Liz drives erratically, as if she’s being pursued. Her hand shakes when she takes it off the steering wheel to change gear; the car whines as she releases the clutch. Is she as scared as I am?

‘What is it?’ I say, my voice weak and tremulous. ‘Where are we going?’

She remains silent. She’s agitated, at her limit. I wonder whether she’s acting against her will, if she’s been forced to pick me up, if she’s delivering me somewhere.

Or to someone. My flesh sings, sweat runs down my back despite the cold, and I panic. I reach for the door handle, but my hands are numb, they won’t close around it, and what am I going to do anyway? Hurl myself on to the roadside? Hope for a soft landing in the heather?

I think of the dead sheep. Burst and bleeding.

‘Liz?’ I can’t keep the fear from my voice.

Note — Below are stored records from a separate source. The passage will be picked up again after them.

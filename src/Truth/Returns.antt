-- ===== src/Truth/Returns.antt =====
-- What follows from a call that returned: every step of its do block returned as well.
use mathlib.Core.Path.{subst}
use defi_engine.Base.{◌≡◌, refl, sym, ◌⊎◌, inl, inr, Bool, true, false, Option, none, some}
use defi_engine.Env.{Env}
use defi_engine.Truth.Outcome.{Exception, Result, return, raise, ◌>>=◌, ◌>>◌, raise_if, or_raise}
use defi_engine.Truth.Tables.{Database, finish}

pub bind-returns {ℓ κ} :
    {A : Type ℓ} {B : Type κ} (m : Result A) (f : A → Result B) (b : B)
    → (m >>= f) ≡ return b
    → (a : A) × (m ≡ return a) × (f a ≡ return b)
unfolding ◌>>=◌
bind-returns (return a) f b h = (a, refl, h)
bind-returns (raise e) f b h = cc

pub then-returns {ℓ} :
    {B : Type ℓ} (m : Result (Unit {0})) (k : Result B) (b : B)
    → (m >> k) ≡ return b
    → (m ≡ return tt) × (k ≡ return b)
unfolding ◌>>=◌ ◌>>◌
then-returns (return tt) k b h = (refl, h)
then-returns (raise e) k b h = cc

pub raise_if-returns : (test : Bool) (e : Exception) → raise_if test e ≡ return tt → test ≡ false
unfolding raise_if
raise_if-returns true e h = cc
raise_if-returns false e h = refl

pub or_raise-returns {ℓ} :
    {A : Type ℓ} (o : Option A) (e : Exception) (a : A) → or_raise o e ≡ return a → o ≡ some a
unfolding or_raise
or_raise-returns none e a h = cc
or_raise-returns (some x) e a h = cc

-- A property of the database is kept by a call that keeps it when it returns.
pub finish-keeps {ℓ κ} :
    {E : Env} {A : Type ℓ} (P : Database E → Type κ) (db : Database E) (r : Result (A × Database E))
    → P db
    → ((a : A) (db' : Database E) → r ≡ return (a, db') → P db')
    → P (finish db r).1
finish-keeps P db (return (a, db')) holds f = f a db' refl
finish-keeps P db (raise e) holds f = holds

-- A call that ends by raising leaves the database as it was.
pub finish-raises {ℓ} :
    {E : Env} {A : Type ℓ} (db : Database E) (r : Result (A × Database E)) (e : Exception)
    → (finish db r).0 ≡ raise e
    → (finish db r).1 ≡ db
finish-raises db (return (a, db')) e h = cc
finish-raises db (raise e') e h = refl

pub finish-returns {ℓ} :
    {E : Env} {A : Type ℓ} (db : Database E) (r : Result (A × Database E)) (a : A)
    (db' : Database E)
    → ◌≡◌ {A = Result A × Database E} (finish db r) (return a, db')
    → r ≡ return (a, db')
finish-returns db (return (b, db'')) a db' h = cc
finish-returns db (raise e) a db' h = cc

pub return-pair {ℓ κ} :
    {A : Type ℓ} {B : Type κ} (a b : A) (x y : B)
    → ◌≡◌ {A = Result (A × B)} (return (a, x)) (return (b, y))
    → (a ≡ b) × (x ≡ y)
return-pair a b x y h = (cc, cc)

-- A property is kept by an owner's call that writes nothing when it raises and keeps it when it
-- returns.
pub owner-keeps {ℓ κ} :
    {E : Env} {A : Type ℓ} (P : Database E → Type κ) (db : Database E) (o : Result A × Database E)
    → P db
    → ((e : Exception) → o.0 ≡ raise e → o.1 ≡ db)
    → ((a : A) (db' : Database E) → ◌≡◌ {A = Result A × Database E} o (return a, db') → P db')
    → P o.1
owner-keeps P db (return a, db') holds raises returns = returns a db' refl
owner-keeps P db (raise e, db') holds raises returns = subst P (sym (raises e refl)) holds

pub Result-cases {ℓ} :
    {A : Type ℓ} (r : Result A) → ((a : A) × (r ≡ return a)) ⊎ ((e : Exception) × (r ≡ raise e))
Result-cases (return a) = inl (a, refl)
Result-cases (raise e) = inr (e, refl)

The car swerves. Not much, but the road is narrow, hardly more than a car’s width, and with a ditch on each side. What does she mean to do? Will someone be waiting for me? Again, the dead sheep appears in front of me.

‘Just … shut up. Okay?’

She glances in the rear-view mirror. There are headlights behind us, a car in the distance, and she speeds up. She barely slows for the crossroads and goes straight over. There’s nothing this way for miles, nothing but the empty, desolate moor.

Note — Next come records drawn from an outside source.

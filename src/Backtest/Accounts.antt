-- ===== src/Backtest/Accounts.antt =====
-- settlement/backtest.py: the cash, quantity, cost and profit of a fill that was applied.
use mathlib.Core.Path.{subst}
use defi_engine.Base.{
  ◌≡◌, refl, sym, ◌⊎◌, inl, inr, ℕ, ◌^◌, ◌||◌, String, false, Option, some, str_eq, is_none,
  if◌then◌else◌, if-true, if-false, Bool-cases,
}
use defi_engine.Base.Int.{ℤ}
use defi_engine.Base.Text.{codes, strip, lower, same_codes}
use defi_engine.Env.{Env}
use defi_engine.Truth.{Result, return, BacktestPosition}
use defi_engine.Truth.Returns.{then-returns, raise_if-returns}
use defi_engine.Paper.{usdc_decimals}
use defi_engine.Backtest.Amounts.{normalize_side, Applied, apply_fill, apply_buy, apply_sell, held}

same_return : {A : Type 0} (a b : A) → ◌≡◌ {A = Result A} (return a) (return b) → a ≡ b
same_return a b h = cc

pub same_some : {A : Type 0} (a b : A) → ◌≡◌ {A = Option A} (some a) (some b) → a ≡ b
same_some a b h = cc

-- A supported side is one of two.
pub normalize_side-cases :
    (value side : String) → normalize_side value ≡ some side → (side ≡ "buy") ⊎ (side ≡ "sell")
unfolding normalize_side
normalize_side-cases value side h =
    elim (Bool-cases (same_codes (lower (strip (codes value))) (codes "buy"))) [
      | inl e ↦ inl (sym (same_some "buy" side (if-true _ _ _ _ e h)))
      | inr e ↦ elim (Bool-cases (same_codes (lower (strip (codes value))) (codes "sell"))) [
        | inl d ↦ inr (sym (same_some "sell" side (if-true _ _ _ _ d (if-false _ _ _ _ e h))))
        | inr d ↦ cc (if-false _ _ _ _ d (if-false _ _ _ _ e h))
      ]
    ]

module _ (E : Env) where
  open E use {Float, float_zero, int_div, add, sub, mul, div, lt, le}

  -- A buy: the cash covers the USDC input and the fee, and pays them; the output is added to the
  -- position, and what was paid to its cost.
  abbrev pub Bought : Float → Float → Option (BacktestPosition E) → ℤ → ℤ → ℕ → Applied E → Type 0
  Bought cash fee position input output decimals a =
      let cost = add (int_div input (10 ^ usdc_decimals)) fee in
      let quantity = int_div output (10 ^ decimals) in
      (le quantity float_zero ≡ false)
      × (lt cash cost ≡ false)
      × (a.cash_after ≡ sub cash cost)
      × (a.net_quantity ≡ add (held E position (λ p. p.net_quantity)) quantity)
      × (a.cost_basis_usdc ≡ add (held E position (λ p. p.cost_basis_usdc)) cost)
      × (a.realized_pnl_usdc ≡ held E position (λ p. p.realized_pnl_usdc))

  -- A sale: the position holds the input, the cash gains the USDC output less the fee, and the
  -- position loses the input with its share of the cost, or all when nothing remains.
  abbrev pub Sold : Float → Float → Option (BacktestPosition E) → ℤ → ℤ → ℕ → Applied E → Type 0
  Sold cash fee position input output decimals a =
      let quantity = int_div input (10 ^ decimals) in
      let proceeds = int_div output (10 ^ usdc_decimals) in
      let before = held E position (λ p. p.net_quantity) in
      let cost = held E position (λ p. p.cost_basis_usdc) in
      let portion = mul cost (div quantity before) in
      let emptied = le (sub before quantity) float_zero in
      (le quantity float_zero ≡ false)
      × ((is_none position || le before float_zero) ≡ false)
      × (lt before quantity ≡ false)
      × (a.cash_after ≡ sub (add cash proceeds) fee)
      × (a.net_quantity ≡ (if emptied then float_zero else sub before quantity))
      × (a.cost_basis_usdc ≡ (if emptied then float_zero else sub cost portion))
      × (a.realized_pnl_usdc
          ≡ add (held E position (λ p. p.realized_pnl_usdc)) (sub (sub proceeds fee) portion))

  apply_buy-Bought :
      (cash fee : Float) (position : Option (BacktestPosition E)) (input output : ℤ) (decimals : ℕ)
      (a : Applied E)
      → apply_buy E cash position input output decimals fee ≡ return a
      → Bought cash fee position input output decimals a
  unfolding apply_buy
  apply_buy-Bought cash fee position input output decimals a h =
      let (h₁, k₁) = then-returns _ _ _ h in
      let (h₂, k₂) = then-returns _ _ _ k₁ in
      subst (Bought cash fee position input output decimals) (same_return _ a k₂)
        (raise_if-returns _ _ h₁, raise_if-returns _ _ h₂, refl, refl, refl, refl)

  apply_sell-Sold :
      (cash fee : Float) (position : Option (BacktestPosition E)) (input output : ℤ) (decimals : ℕ)
      (a : Applied E)
      → apply_sell E cash position input output decimals fee ≡ return a
      → Sold cash fee position input output decimals a
  unfolding apply_sell
  apply_sell-Sold cash fee position input output decimals a h =
      let (h₁, k₁) = then-returns _ _ _ h in
      let (h₂, k₂) = then-returns _ _ _ k₁ in
      let (h₃, k₃) = then-returns _ _ _ k₂ in
      subst (Sold cash fee position input output decimals) (same_return _ a k₃) (
        raise_if-returns _ _ h₁,
        raise_if-returns _ _ h₂,
        raise_if-returns _ _ h₃,
        refl,
        refl,
        refl,
        refl,
      )

  -- The accounts of a fill of either side.
  abbrev pub Accounted :
      String → Float → Float → Option (BacktestPosition E) → ℤ → ℤ → ℕ → Applied E → Type 0
  Accounted side cash fee position input output decimals a =
      ((side ≡ "buy") × Bought cash fee position input output decimals a)
      ⊎ ((side ≡ "sell") × Sold cash fee position input output decimals a)

  pub apply_fill-Accounted :
      (side : String) (cash fee : Float) (position : Option (BacktestPosition E)) (input output : ℤ)
      (decimals : ℕ) (a : Applied E)
      → (side ≡ "buy") ⊎ (side ≡ "sell")
      → apply_fill E side cash position input output decimals fee ≡ return a
      → Accounted side cash fee position input output decimals a
  unfolding apply_fill str_eq
  apply_fill-Accounted side cash fee position input output decimals a (inl buys) h = inl (
    buys,
    apply_buy-Bought cash fee position input output decimals a
        (subst (λ s. apply_fill E s cash position input output decimals fee ≡ return a) buys h),
  )
  apply_fill-Accounted side cash fee position input output decimals a (inr sells) h = inr (
    sells,
    apply_sell-Sold cash fee position input output decimals a
        (subst (λ s. apply_fill E s cash position input output decimals fee ≡ return a) sells h),
  )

We cross a low stone bridge and, once more, my hand goes to the door handle. My knuckles are white.

‘Don’t—’ The threat, if that’s what it is, hangs in the air.

She pulls off the main road and on to an even narrower track, then into what serves as a lay-by. She cuts the engine.

‘Come on.’

The undulating moor is ghostly in the afternoon light, but there’s no one else in sight. She strides out and, instinctively, I take my phone from my jeans pocket. It’s already filming, though I don’t remember starting it. I’m safe, for the moment.

She reaches a stone wall on the moor and follows it, then scrambles over a stile and heads off, climbing towards a distant tree. I can see it only dimly, in silhouette. It’s a yew, I think. When Liz reaches it, she turns and beckons.

I’m torn, but my instinct to find out, to document, wins out and I jog towards her. There’s a bunch of flowers under the gnarled tree, in plastic wrapping, secured with an elastic band. They’re white, bedraggled. Dead. The edge of each petal is turning to brown, as if stained with nicotine.

‘What the fuck is this?’

‘A grave.’ Her face shifts; it softens in the half-light, the shadow of the tree. ‘The girl’s,’ she whispers. ‘The one who disappeared.’

‘Daisy?’

She seems to recoil at the name, and I flinch, too. My spine tenses and contracts, as if I’m trying to shrink myself to nothing.

‘No,’ she says. ‘Sadie.’

‘But she ran away. They found her.’

‘No,’ she says, and I shiver. Wind blasts up the hill, driving out thought.

‘What happened to her, then?’

She hesitates, and when her answer comes it’s a lament.

‘She’s here.’

The ground tilts, even though it can’t be true. This must be what they mean, someone walking over your grave. She shakes her head sadly, her eyes cast down.

She can’t be, I want to say, but I can’t risk giving myself away.

She’s brought me here to tell me something, and now she seems unable to do so.

‘What are you saying, Liz?’

She begins to speak, but the words escape as a sigh, a breeze of defeat, and her whole body seems to deflate with them, as if she’s crumpling, collapsing in on herself.

‘I didn’t know. I swear.’

‘Didn’t know what?’

She ignores my question. She’s whispering now.

‘He said he never meant to hurt her.’

‘Who? Who said? Hurt who?’

She gazes back towards the car. Anywhere but at me. ‘My father,’ she whispers.

Her father? I force myself back, into the past. I don’t remember him any more than I remember her. How old would he have been back then? Forties? Fifties? I can imagine him, though, understand what she’s saying. God knows I’ve seen plenty of people like that in my life, with their pudgy jelly-mould skin, their rotten popcorn breath, their slobbering eagerness as they unthreaded their belts and unzipped their trousers.